If no robots complete any of the above tasks, the robot that came closest to the mini-fridge within the allotted attempt time will be declared the winner.
Scoring will be at the sole discretion of the judges.
One or more judges will officiate the contest. They will ensure the spirit of these rules are followed and impose scoring penalties or remove a robot from competition if the robot is operating in an unsafe manner or not complying with the spirit of these rules. The decisions of the judges are final.
Each robot must have an easily accessible power switch that disconnects the battery pack from all other components within the robot. This need not be the start/stop switch for the robot.
Appendix 1 – 2016 Pop Can Challenge course – 3D view & dimensioned drawing
Appendix 2 – Intended Rule Evolution
As Pop Can Challenge robots become more capable, it is the intention of the SRS to evolve these rules to present a greater challenge. The following proposals are not currently part of the Pop Can Challenge rules but are provided to give builders an idea of how the contest may change in the future so they can design their robots more appropriately:
- Additional obstacles along the path from the family room to the dining area.
- Removing a can of pop from a typical cardboard pop can dispenser in the mini-fridge.
- Multiple cans of pop in the mini-fridge, requiring the robot to correctly select the type of pop identified in the challenge.
- Cans of pop on multiple shelves in the mini-fridge.
- Opening the can of pop prior to placing it on the coffee table.
- Pouring the can of pop into a glass on the coffee table.

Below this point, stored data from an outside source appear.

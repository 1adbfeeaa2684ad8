-- ===== src/Tests.antt =====
-- Concrete stores, requests and tokens, on which the definitions of the other modules are run.
pub mod Samples
pub mod Scopes
pub mod Secrets
pub mod Refreshes
pub mod Codes
pub mod Revocations
pub mod Introspections
pub mod Requests
pub mod Clients
pub mod Minting
pub mod Services
pub mod Operations
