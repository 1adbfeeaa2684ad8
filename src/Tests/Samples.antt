-- ===== src/Tests/Samples.antt =====
-- A User, a Client, a Grant and a Refresh Token family as the tables hold them, and stand-ins for
-- SHA-256, for the minting callback and for the other transactions.
use one_issuer.Base.{
  ℕ, ◌+◌, ◌-◌, ◌*◌, true, none, some, [], ◌∷◌, ◌++◌, length, zero, suc, refl, arith,
}
use one_issuer.Errors.{Result, ok}
use one_issuer.Text.{Bytes, codes, drop}
use one_issuer.Text.Base64.{encode}
use one_issuer.Scope.{openid, offline_access, profile}
use one_issuer.Domain.{User, Client, Grant, active, user, public, auth_none}
use one_issuer.Token.{
  RefreshFamily, RefreshGeneration, RefreshInput, RefreshAuthority, RefreshMinted, minute, hour,
  day,
}
use one_issuer.Token.Secret.{refresh_token_prefix, hash_refresh_token}
use one_issuer.Store.{Db}
use one_issuer.Store.Refresh.Invariant.{IsRefreshStore}

-- The last 32 bytes.
abbrev pub digest : Bytes → Bytes
digest s = drop (length s - 32) s

abbrev pub repeat : ℕ → ℕ → Bytes
repeat zero c = []
repeat (suc n) c = c ∷ repeat n c

abbrev pub alone : ℕ → Db → Db
alone n db = db

abbrev pub now : ℕ
now = 63_000_000 * 1_000_000_000

abbrev pub alice : User
alice = record {
  id = 1;
  subject = codes "alice";
  username = codes "alice";
  display_name = codes "Alice";
  email = codes "alice@example.com";
  email_verified = true;
  status = active;
  role = user;
}

abbrev pub app : Client
app = record {
  id = 2;
  client_id = codes "app";
  type = public;
  token_endpoint_auth_method = auth_none;
  name = codes "App";
  status = active;
  registration_enabled = true;
  redirect_uris = codes "https://app.example.com/callback" ∷ [];
  logout_uris = [];
  scopes = offline_access ∷ openid ∷ profile ∷ [];
}

abbrev pub consented : Grant
consented = record {
  id = 3;
  user_id = 1;
  client_id = 2;
  scopes = offline_access ∷ openid ∷ profile ∷ [];
  created_at = now - day;
  updated_at = now - day;
  revoked_at = none;
  version = 1;
}

abbrev pub family : RefreshFamily
family = record {
  id = 4;
  origin_authorization_code_id = some 9;
  consent_grant_id = 3;
  user_id = 1;
  client_id = 2;
  origin_session_id = none;
  session_binding_id = 8;
  scopes = offline_access ∷ openid ∷ profile ∷ [];
  created_at = now - hour;
  absolute_expires_at = now + 90 * day;
  revoked_at = none;
  revoke_reason = [];
}

abbrev pub token_a : Bytes
token_a = refresh_token_prefix ++ encode (repeat 32 1)

abbrev pub token_b : Bytes
token_b = refresh_token_prefix ++ encode (repeat 32 2)

abbrev pub first_generation : RefreshGeneration
first_generation = record {
  id = 5;
  family_id = 4;
  token_hash = hash_refresh_token digest token_a;
  generation = 0;
  issued_at = now - hour;
  expires_at = now + day;
  consumed_at = none;
}

abbrev pub store : Db
store = record {
  users = alice ∷ [];
  clients = app ∷ [];
  grants = consented ∷ [];
  codes = [];
  families = family ∷ [];
  generations = first_generation ∷ [];
  accesses = [];
  audits = [];
}

abbrev pub request : RefreshInput
request = record {
  token_hash = hash_refresh_token digest token_a;
  client = app;
  requested_scopes = some (openid ∷ profile ∷ []);
  request_id = codes "req-1";
  now = now;
}

-- The callback of the service: an Access Token of ten minutes and a replacement of 30 days.
abbrev pub mint : ℕ → RefreshAuthority → Result RefreshMinted
mint attempt authority = ok (record {
  access_token_id = 20;
  jti_hash = repeat 32 7;
  access_token = codes "jwt";
  issued_at = authority.issued_at;
  access_expires_at = authority.issued_at + 10 * minute;
  replacement_token_id = 21;
  replacement_token_hash = hash_refresh_token digest token_b;
  replacement_clear_token = token_b;
  replacement_expires_at = authority.issued_at + 30 * day;
})

pub store-IsRefreshStore : IsRefreshStore store
store-IsRefreshStore = record { one_live = λ f. ground arith; no_clash = (refl, tt) }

The current plan is to have the competitors who successfully participated in this challenge to vote on any course modifications for the subsequent Pop Can Challenge event. The event organizers will use this vote as strong guidance as they prepare modifications to the challenge for the subsequent event.
The SRS does not intend to increase the maximum weight and size of a robot unless it becomes obvious that robots can no longer be built to run SRS Pop Can Challenge courses without being physically larger or heavier. This is unlikely.